Retype every record below exactly as it appears.

[Records from a collection]
= Beginning of Section =
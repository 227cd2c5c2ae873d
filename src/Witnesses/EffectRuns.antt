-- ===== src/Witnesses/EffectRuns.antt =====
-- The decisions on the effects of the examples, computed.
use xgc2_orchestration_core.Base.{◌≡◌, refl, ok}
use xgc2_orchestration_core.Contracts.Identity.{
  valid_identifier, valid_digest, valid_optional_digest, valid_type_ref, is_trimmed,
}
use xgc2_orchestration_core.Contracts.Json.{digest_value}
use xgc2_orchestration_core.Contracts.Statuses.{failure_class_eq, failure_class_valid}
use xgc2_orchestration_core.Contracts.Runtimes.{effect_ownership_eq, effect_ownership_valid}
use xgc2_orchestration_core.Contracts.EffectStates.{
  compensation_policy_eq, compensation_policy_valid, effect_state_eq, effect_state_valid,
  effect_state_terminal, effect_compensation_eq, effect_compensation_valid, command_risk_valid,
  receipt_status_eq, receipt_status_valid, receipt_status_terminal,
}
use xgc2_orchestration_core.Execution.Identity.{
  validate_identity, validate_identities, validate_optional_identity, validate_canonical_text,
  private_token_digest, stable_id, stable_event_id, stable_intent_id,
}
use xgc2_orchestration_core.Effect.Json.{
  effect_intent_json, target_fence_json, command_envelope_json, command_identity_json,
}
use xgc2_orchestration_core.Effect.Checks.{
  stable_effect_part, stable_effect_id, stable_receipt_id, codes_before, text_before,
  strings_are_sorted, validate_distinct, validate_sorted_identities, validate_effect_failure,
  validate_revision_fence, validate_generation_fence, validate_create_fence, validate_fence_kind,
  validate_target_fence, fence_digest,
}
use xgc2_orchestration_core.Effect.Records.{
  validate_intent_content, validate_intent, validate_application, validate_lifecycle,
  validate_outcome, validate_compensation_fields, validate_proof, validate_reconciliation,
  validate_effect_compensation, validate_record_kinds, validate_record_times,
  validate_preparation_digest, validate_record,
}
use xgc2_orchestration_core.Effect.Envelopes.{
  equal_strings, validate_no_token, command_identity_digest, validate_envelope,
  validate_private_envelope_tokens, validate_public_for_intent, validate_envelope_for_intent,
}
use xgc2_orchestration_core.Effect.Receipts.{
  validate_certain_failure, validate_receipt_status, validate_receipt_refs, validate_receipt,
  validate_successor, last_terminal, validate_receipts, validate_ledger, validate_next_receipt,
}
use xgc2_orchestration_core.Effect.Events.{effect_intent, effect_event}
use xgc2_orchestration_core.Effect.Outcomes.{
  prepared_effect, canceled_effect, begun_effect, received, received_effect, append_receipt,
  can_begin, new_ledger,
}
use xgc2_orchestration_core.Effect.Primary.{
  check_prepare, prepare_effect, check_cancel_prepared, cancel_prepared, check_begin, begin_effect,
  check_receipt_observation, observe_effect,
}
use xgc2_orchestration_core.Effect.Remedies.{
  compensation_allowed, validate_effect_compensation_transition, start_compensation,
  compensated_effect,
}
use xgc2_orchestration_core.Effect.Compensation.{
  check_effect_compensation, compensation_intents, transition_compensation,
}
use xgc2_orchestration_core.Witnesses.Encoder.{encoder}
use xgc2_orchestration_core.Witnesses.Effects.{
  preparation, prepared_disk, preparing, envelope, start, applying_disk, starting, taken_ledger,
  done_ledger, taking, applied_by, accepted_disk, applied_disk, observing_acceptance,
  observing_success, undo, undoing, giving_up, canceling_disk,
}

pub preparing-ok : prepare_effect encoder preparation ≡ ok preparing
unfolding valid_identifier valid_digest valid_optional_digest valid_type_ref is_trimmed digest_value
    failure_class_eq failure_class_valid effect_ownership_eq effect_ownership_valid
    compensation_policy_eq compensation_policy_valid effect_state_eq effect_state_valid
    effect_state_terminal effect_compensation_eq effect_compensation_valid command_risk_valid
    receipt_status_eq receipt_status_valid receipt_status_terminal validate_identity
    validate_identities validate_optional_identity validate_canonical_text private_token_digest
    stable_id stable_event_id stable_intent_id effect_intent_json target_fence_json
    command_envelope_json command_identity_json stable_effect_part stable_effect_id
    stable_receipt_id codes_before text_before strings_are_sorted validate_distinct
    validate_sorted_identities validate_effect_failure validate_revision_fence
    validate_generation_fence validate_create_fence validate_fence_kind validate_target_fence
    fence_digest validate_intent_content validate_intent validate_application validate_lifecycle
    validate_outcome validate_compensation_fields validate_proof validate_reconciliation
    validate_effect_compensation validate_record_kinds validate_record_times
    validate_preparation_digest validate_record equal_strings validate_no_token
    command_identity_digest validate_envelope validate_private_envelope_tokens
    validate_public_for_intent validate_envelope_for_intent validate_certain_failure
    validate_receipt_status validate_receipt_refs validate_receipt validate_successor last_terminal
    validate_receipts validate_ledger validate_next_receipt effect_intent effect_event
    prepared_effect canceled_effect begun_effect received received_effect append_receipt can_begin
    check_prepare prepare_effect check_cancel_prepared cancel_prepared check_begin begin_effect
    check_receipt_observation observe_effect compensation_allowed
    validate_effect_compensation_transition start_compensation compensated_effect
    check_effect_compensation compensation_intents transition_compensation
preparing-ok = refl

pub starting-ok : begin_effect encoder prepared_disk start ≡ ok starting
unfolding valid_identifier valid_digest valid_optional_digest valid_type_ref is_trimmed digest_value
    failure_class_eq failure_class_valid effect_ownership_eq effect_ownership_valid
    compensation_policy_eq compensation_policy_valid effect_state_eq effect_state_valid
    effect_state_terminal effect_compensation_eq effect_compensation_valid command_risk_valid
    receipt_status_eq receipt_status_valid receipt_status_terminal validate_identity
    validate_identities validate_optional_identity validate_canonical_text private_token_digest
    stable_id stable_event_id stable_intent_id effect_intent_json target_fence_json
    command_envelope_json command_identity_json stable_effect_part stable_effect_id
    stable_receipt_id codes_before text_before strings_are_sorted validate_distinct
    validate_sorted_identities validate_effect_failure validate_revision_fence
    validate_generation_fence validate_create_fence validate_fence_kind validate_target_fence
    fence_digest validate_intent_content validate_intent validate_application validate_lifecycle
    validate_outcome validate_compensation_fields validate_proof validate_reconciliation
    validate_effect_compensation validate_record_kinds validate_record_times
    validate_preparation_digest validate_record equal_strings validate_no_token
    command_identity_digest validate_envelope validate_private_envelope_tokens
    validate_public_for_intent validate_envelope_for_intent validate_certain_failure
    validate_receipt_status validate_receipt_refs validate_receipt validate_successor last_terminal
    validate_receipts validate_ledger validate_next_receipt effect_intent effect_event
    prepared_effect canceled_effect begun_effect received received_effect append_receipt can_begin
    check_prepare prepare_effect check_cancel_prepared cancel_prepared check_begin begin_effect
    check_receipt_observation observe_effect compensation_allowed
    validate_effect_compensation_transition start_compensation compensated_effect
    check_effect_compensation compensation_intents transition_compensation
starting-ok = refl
= End of Section =
• **RESPONSE FOR THIS EXERCISE**:
repository 227cd2c5c2ae873d
filename src/Witnesses/EffectRuns.antt
-- ===== src/Witnesses/EffectRuns.antt =====
-- The decisions on the effects of the examples, computed.
use xgc2_orchestration_core.Base.{◌≡◌, refl, ok}
use xgc2_orchestration_core.Contracts.Identity.{
  valid_identifier, valid_digest, valid_optional_digest, valid_type_ref, is_trimmed,
}
use xgc2_orchestration_core.Contracts.Json.{digest_value}
use xgc2_orchestration_core.Contracts.Statuses.{failure_class_eq, failure_class_valid}
use xgc2_orchestration_core.Contracts.Runtimes.{effect_ownership_eq, effect_ownership_valid}
use xgc2_orchestration_core.Contracts.EffectStates.{
  compensation_policy_eq, compensation_policy_valid, effect_state_eq, effect_state_valid,
  effect_state_terminal, effect_compensation_eq, effect_compensation_valid, command_risk_valid,
  receipt_status_eq, receipt_status_valid, receipt_status_terminal,
}
use xgc2_orchestration_core.Execution.Identity.{
  validate_identity, validate_identities, validate_optional_identity, validate_canonical_text,
  private_token_digest, stable_id, stable_event_id, stable_intent_id,
}
use xgc2_orchestration_core.Effect.Json.{
  effect_intent_json, target_fence_json, command_envelope_json, command_identity_json,
}
use xgc2_orchestration_core.Effect.Checks.{
  stable_effect_part, stable_effect_id, stable_receipt_id, codes_before, text_before,
  strings_are_sorted, validate_distinct, validate_sorted_identities, validate_effect_failure,
  validate_revision_fence, validate_generation_fence, validate_create_fence, validate_fence_kind,
  validate_target_fence, fence_digest,
}
use xgc2_orchestration_core.Effect.Records.{
  validate_intent_content, validate_intent, validate_application, validate_lifecycle,
  validate_outcome, validate_compensation_fields, validate_proof, validate_reconciliation,
  validate_effect_compensation, validate_record_kinds, validate_record_times,
  validate_preparation_digest, validate_record,
}
use xgc2_orchestration_core.Effect.Envelopes.{
  equal_strings, validate_no_token, command_identity_digest, validate_envelope,
  validate_private_envelope_tokens, validate_public_for_intent, validate_envelope_for_intent,
}
use xgc2_orchestration_core.Effect.Receipts.{
  validate_certain_failure, validate_receipt_status, validate_receipt_refs, validate_receipt,
  validate_successor, last_terminal, validate_receipts, validate_ledger, validate_next_receipt,
}
use xgc2_orchestration_core.Effect.Events.{effect_intent, effect_event}
use xgc2_orchestration_core.Effect.Outcomes.{
  prepared_effect, canceled_effect, begun_effect, received, received_effect, append_receipt,
  can_begin, new_ledger,
}
use xgc2_orchestration_core.Effect.Primary.{
  check_prepare, prepare_effect, check_cancel_prepared, cancel_prepared, check_begin, begin_effect,
  check_receipt_observation, observe_effect,
}
use xgc2_orchestration_core.Effect.Remedies.{
  compensation_allowed, validate_effect_compensation_transition, start_compensation,
  compensated_effect,
}
use xgc2_orchestration_core.Effect.Compensation.{
  check_effect_compensation, compensation_intents, transition_compensation,
}
use xgc2_orchestration_core.Witnesses.Encoder.{encoder}
use xgc2_orchestration_core.Witnesses.Effects.{
  preparation, prepared_disk, preparing, envelope, start, applying_disk, starting, taken_ledger,
  done_ledger, taking, applied_by, accepted_disk, applied_disk, observing_acceptance,
  observing_success, undo, undoing, giving_up, canceling_disk,
}

pub preparing-ok : prepare_effect encoder preparation ≡ ok preparing
unfolding valid_identifier valid_digest valid_optional_digest valid_type_ref is_trimmed digest_value
    failure_class_eq failure_class_valid effect_ownership_eq effect_ownership_valid
    compensation_policy_eq compensation_policy_valid effect_state_eq effect_state_valid
    effect_state_terminal effect_compensation_eq effect_compensation_valid command_risk_valid
    receipt_status_eq receipt_status_valid receipt_status_terminal validate_identity
    validate_identities validate_optional_identity validate_canonical_text private_token_digest
    stable_id stable_event_id stable_intent_id effect_intent_json target_fence_json
    command_envelope_json command_identity_json stable_effect_part stable_effect_id
    stable_receipt_id codes_before text_before strings_are_sorted validate_distinct
    validate_sorted_identities validate_effect_failure validate_revision_fence
    validate_generation_fence validate_create_fence validate_fence_kind validate_target_fence
    fence_digest validate_intent_content validate_intent validate_application validate_lifecycle
    validate_outcome validate_compensation_fields validate_proof validate_reconciliation
    validate_effect_compensation validate_record_kinds validate_record_times
    validate_preparation_digest validate_record equal_strings validate_no_token
    command_identity_digest validate_envelope validate_private_envelope_tokens
    validate_public_for_intent validate_envelope_for_intent validate_certain_failure
    validate_receipt_status validate_receipt_refs validate_receipt validate_successor last_terminal
    validate_receipts validate_ledger validate_next_receipt effect_intent effect_event
    prepared_effect canceled_effect begun_effect received received_effect append_receipt can_begin
    check_prepare prepare_effect check_cancel_prepared cancel_prepared check_begin begin_effect
    check_receipt_observation observe_effect compensation_allowed
    validate_effect_compensation_transition start_compensation compensated_effect
    check_effect_compensation compensation_intents transition_compensation
preparing-ok = refl

pub starting-ok : begin_effect encoder prepared_disk start ≡ ok starting
unfolding valid_identifier valid_digest valid_optional_digest valid_type_ref is_trimmed digest_value
    failure_class_eq failure_class_valid effect_ownership_eq effect_ownership_valid
    compensation_policy_eq compensation_policy_valid effect_state_eq effect_state_valid
    effect_state_terminal effect_compensation_eq effect_compensation_valid command_risk_valid
    receipt_status_eq receipt_status_valid receipt_status_terminal validate_identity
    validate_identities validate_optional_identity validate_canonical_text private_token_digest
    stable_id stable_event_id stable_intent_id effect_intent_json target_fence_json
    command_envelope_json command_identity_json stable_effect_part stable_effect_id
    stable_receipt_id codes_before text_before strings_are_sorted validate_distinct
    validate_sorted_identities validate_effect_failure validate_revision_fence
    validate_generation_fence validate_create_fence validate_fence_kind validate_target_fence
    fence_digest validate_intent_content validate_intent validate_application validate_lifecycle
    validate_outcome validate_compensation_fields validate_proof validate_reconciliation
    validate_effect_compensation validate_record_kinds validate_record_times
    validate_preparation_digest validate_record equal_strings validate_no_token
    command_identity_digest validate_envelope validate_private_envelope_tokens
    validate_public_for_intent validate_envelope_for_intent validate_certain_failure
    validate_receipt_status validate_receipt_refs validate_receipt validate_successor last_terminal
    validate_receipts validate_ledger validate_next_receipt effect_intent effect_event
    prepared_effect canceled_effect begun_effect received received_effect append_receipt can_begin
    check_prepare prepare_effect check_cancel_prepared cancel_prepared check_begin begin_effect
    check_receipt_observation observe_effect compensation_allowed
    validate_effect_compensation_transition start_compensation compensated_effect
    check_effect_compensation compensation_intents transition_compensation
starting-ok = refl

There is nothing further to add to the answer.